The bill would amend Chapter 23 of the Tax Code, regarding appraisal methods and procedures, to require a chief appraiser to consider the effect of any restriction placed by a historic district on a property owner's ability to alter, improve, or repair the property in determining market value of residential real property located in a designated historic district. The bill would define "designated historic district" as an area zoned or otherwise designated a historic district under municipal, state, or federal law.

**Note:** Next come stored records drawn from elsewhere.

-- ===== src/Main/Synced.antt =====
-- src/runloop.c with src/drivers/vserial.c and src/modules/test.c: a run of the loop that delivers the
-- lines of several ports for the first time, and then reports events of theirs.
use righack.Base.{
  ◌+◌, ℕ, zero, suc, ◌<◌, ◌≡◌, ◌≢◌, refl, ◌∙◌, subst, sym, Bool, Bool-cases, false, List, [], ◌∷◌,
  arith, length, inl, inr, ◌⊎◌, bytes,
}
use righack.External.{Uv, Os, Toml, Rig, UvEvents}
use righack.Machine.{World, ok, stop, fatal}
use righack.Machine.Ends.{IsFatal}
use righack.Machine.Extends.{KeepsIf, is_lasting}
use righack.Machine.Objects.{null, Ptr, update_flow_control}
use righack.Main.{call_event, call_job, call_fc}
use righack.Main.Launched.{IsSetUp-KeepsIf}
use righack.Main.Followed.{Wire, AreApart, wire_events}
use righack.Main.Radios.{uv_run-AreFollowed}
use righack.Main.Ready.{released-KeepsIf}
use righack.Main.Wired.{rts, told, update_wired, update_refused}
use righack.Runloop.Later.{run_jobs}
use righack.Runloop.Later.Chain.{Slot, Slots, Waiting, first}
use righack.Runloop.Later.Drain.{Draining, Draining-Waiting, Waiting-Draining, released}
use righack.Runloop.Later.Stops.{round_runs, round_stops, prepare_outcome}
use righack.Runloop.Loop.{prepare_event, uv_run}
use righack.Vserial.Packet.Events.{deliver_attached}
use righack.Main.Awaited.{
  stopped_all, Brings-trans, Brings, synced_lem, SyncedOrDies, all_lem, IsSetUp-IsFollowed,
  IsFollowed-KeepsIf, AreAwaited-KeepsIf, AreAwaited, IsAwaited,
}

module _ {X : Type 0} ⦃uv : Uv X⦄ ⦃os : Os X⦄ ⦃toml : Toml X⦄ ⦃rig : Rig X⦄
    (InStep : X → Ptr → Bool → Type 0)
    (set_law : (h : Ptr) (b : Bool) (x : X)
      → (rig.set_ptt h b x).0 ≡ false
      → InStep (rig.set_ptt h b x).1 h b)
    (other_law : (h g : Ptr) (b b' : Bool) (x : X)
      → g ≢ h
      → InStep x g b'
      → InStep (rig.set_ptt h b x).1 g b') where
  -- One delivery brings its radio in step, and leaves the other ones as they are.
  told_lem :
      (w : World X) (s : Slot) (next : Ptr) (a : Wire) (d : IsAwaited w s a)
      → KeepsIf is_lasting w.cell (released w s).cell
      → (rig.set_ptt d.user.rig (rts d.context.modem_bits) w.ext).0 ≡ false
      → Brings InStep w
          (record (released w s) {
            ext = (rig.set_ptt d.user.rig (rts d.context.modem_bits) w.ext).1;
          })
          (a ∷ [])
  told_lem w s next a d kept success =
      let bits = d.context.modem_bits in
      let y = (rig.set_ptt d.user.rig (rts bits) w.ext).1 in
      let w1 : World X = record (released w s) { ext = y } in
      record {
        kept = kept;
        all = (
          IsSetUp-IsFollowed InStep w1 d.at_module d.port a.0 a.1 d.module_is d.user d.context
              (IsSetUp-KeepsIf {w' = w1} d.set_up kept) d.at_radio
              (subst (λ g. InStep y g (rts bits)) d.at_radio
                (set_law d.user.rig (rts bits) w.ext success)),
          tt,
        );
        others = λ g r free f.
            IsFollowed-KeepsIf InStep w w1 g r kept
              (λ b was.
                other_law d.user.rig r (rts bits) b w.ext (λ e. free.0 (sym (e ∙ d.at_radio))) was)
              f;
      }

  module _ (job_fuel : ℕ) where
    one_lem :
        (fuel : ℕ) (s : Slot) (ss : Slots) (a : Wire) (w : World X)
        → Waiting w (s ∷ ss)
        → IsAwaited w s a
        → ((w' : World X) × (run_jobs (call_job job_fuel) (suc fuel) s.at w
              ≡ run_jobs (call_job job_fuel) fuel (first ss) w')
            × Draining w' ss
            × Brings InStep w w' (a ∷ []))
          ⊎ IsFatal (run_jobs (call_job job_fuel) (suc fuel) s.at w)
    unfolding call_job
    one_lem fuel s ss a w wt d =
        let bits = d.context.modem_bits in
        let wired = d.set_up.wired in
        let called = deliver_attached call_fc w d.port update_flow_control wired.attached in
        elim (Bool-cases (rig.set_ptt d.user.rig (rts bits) w.ext).0) [
          | inl failed ↦
              let v = told w d.port bits wired in
              inr (
                bytes "Could not set transmit: %s",
                v,
                round_stops (call_job job_fuel) fuel s ss w v
                    (fatal (bytes "Could not set transmit: %s")) wt
                    (subst
                      (λ j.
                        call_job job_fuel j.cb j.should_run j.context w
                        ≡ stop (fatal (bytes "Could not set transmit: %s")) v)
                      (sym d.is_delivery) (called ∙ update_refused w d.port bits wired failed)),
              )
          | inr success ↦
              let w1 : World X = told w d.port bits wired in
              let wt1 : Waiting w1 (s ∷ ss) = record {
                formed = wt.formed;
                chain = wt.chain;
                distinct = wt.distinct;
                tail = wt.tail;
              } in
              let (ran, drained) =
                round_runs (call_job job_fuel) fuel s ss ss w w1 wt
                  (subst (λ j. call_job job_fuel j.cb j.should_run j.context w ≡ ok tt w1)
                    (sym d.is_delivery) (called ∙ update_wired w d.port bits wired success))
                  wt1 in
              inl (
                released w1 s,
                ran,
                drained,
                told_lem w s (first ss) a d (released-KeepsIf w s (first ss) wt.chain.0) success,
              )
        ]

    -- All of them return, on enough fuel, or one ends the process.
    each_lem :
        (fuel : ℕ) (ss : Slots) (wires : List Wire) (w : World X)
        → length ss < fuel
        → Draining w ss
        → AreAwaited w ss wires
        → AreApart wires
        → ((w' : World X) × (run_jobs (call_job job_fuel) fuel (first ss) w ≡ ok tt w')
            × Brings InStep w w' wires)
          ⊎ IsFatal (run_jobs (call_job job_fuel) fuel (first ss) w)
    unfolding run_jobs
    each_lem zero ss wires w lt d a apart = absurd (omega (arith, lt))
    each_lem (suc fuel) [] (b ∷ wires) w lt d a apart = absurd a
    each_lem (suc fuel) (s ∷ ss) [] w lt d a apart = absurd a
    each_lem (suc fuel) [] [] w lt d a apart =
        inl (w, refl, record { kept = λ q o held e. held; all = tt; others = λ g r free f. f })
    each_lem (suc fuel) (s ∷ ss) (b ∷ wires) w lt d (here, rest) (free, apart) =
        elim (one_lem fuel s ss b w (Draining-Waiting w s ss d) here) [
          | inr dies ↦ inr dies
          | inl (w1, ran, d1, one) ↦
              elim (each_lem fuel ss wires w1 (omega (arith, lt)) d1
                (AreAwaited-KeepsIf w w1 ss wires rest one.kept) apart) [
                  | inr (m, v, dies) ↦ inr (m, v, ran ∙ dies)
                  | inl (w2, looped, more) ↦
                      inl (w2, ran ∙ looped, Brings-trans InStep b wires free one more)
                ]
        ]

  -- Suppose that the queue holds the first deliveries of ports, each wired to a radio of its own, and
  -- that the fuel exceeds their number. When libuv runs the queue and then reports any events of the
  -- ports' handles, in any order, errors and all masks included, every radio is in the end in step
  -- with the lines that the driver keeps for its own port, whatever it did before; or the process
  -- ends by `util_fatal`. No memory fault is possible. Setting a radio is taken to bring it in step
  -- and to leave the other ones as they are, and neither `read` nor the stop of the prepare handle to
  -- change one.
  pub uv_run-SyncedOrDies :
      (read_law : (fd : ℕ) (x : X) (h : Ptr) (b : Bool)
        → InStep x h b
        → InStep (os.read fd x).1 h b)
      (stop_law : (prepare : Ptr) (x : X) (h : Ptr) (b : Bool)
        → InStep x h b
        → InStep (uv.prepare_stop prepare x) h b)
      (fuel : ℕ) (w : World X) (prepare : Ptr) (s : Slot) (ss : Slots) (a : Wire)
      (wires : List Wire) (es : List (ℕ × Bool × UvEvents))
      → length ss + 1 < fuel
      → Waiting w (s ∷ ss)
      → w.run_once_queue ≡ s.at
      → AreAwaited w (s ∷ ss) (a ∷ wires)
      → AreApart (a ∷ wires)
      → SyncedOrDies InStep a wires
          (uv_run (call_event fuel) (prepare_event prepare ∷ wire_events a wires es) w)
  unfolding uv_run call_event
  uv_run-SyncedOrDies read_law stop_law fuel w prepare s ss a wires es lt wt queue awaited apart =
      elim (each_lem fuel fuel (s ∷ ss) (a ∷ wires) w (omega (arith, lt))
        (Waiting-Draining w (s ∷ ss) wt) awaited apart) [
          | inr (m, v, dies) ↦
              rw (prepare_outcome (call_job fuel) fuel prepare (s ∷ ss) w _ queue dies) (m, refl)
          | inl (w1, ran, b) ↦
              let w2 : World X = record w1 {
                run_once_queue = null;
                ext = uv.prepare_stop prepare w1.ext;
                run_once_prepare_started = false;
              } in
              rw (prepare_outcome (call_job fuel) fuel prepare (s ∷ ss) w _ queue ran) (
                synced_lem InStep w2 a wires _ (
                  uv_run-AreFollowed InStep (λ h b old x was. set_law h b x) other_law read_law fuel
                    w2 a wires es apart
                    (all_lem InStep w2 a wires
                      (stopped_all InStep prepare stop_law w1 (a ∷ wires) b.all))))
        ]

The bill's provision requiring restrictions be considered in the appraisal of real property located in a historic district could increase or decrease the market value of certain properties depending on the restrictions and current market characteristics. Under current law, each property is already required to be appraised based upon the individual characteristics that affect the property's market value and all available evidence that is specific to the value of the property. When using the market data comparison method of appraisal to determine the market value of real property, comparable sales data is used and adjusted to the subject property. The sales data will reflect any effects (both positive and negative) of restrictions to the property. Residential real property located in a historic district is a unique market typically sought by certain property owners aware of restrictions and seeking guarantees that their property will be protected over time by design restrictions and limits on remodeling and renovations that conform with the neighborhood. Specifically requiring any restrictions be considered when determining market value in a historic district could impact the value of properties, but it is likely they are already considered and not expected to be significant.
The bill would take effect January 1, 2022.
No significant fiscal implication to units of local government is anticipated.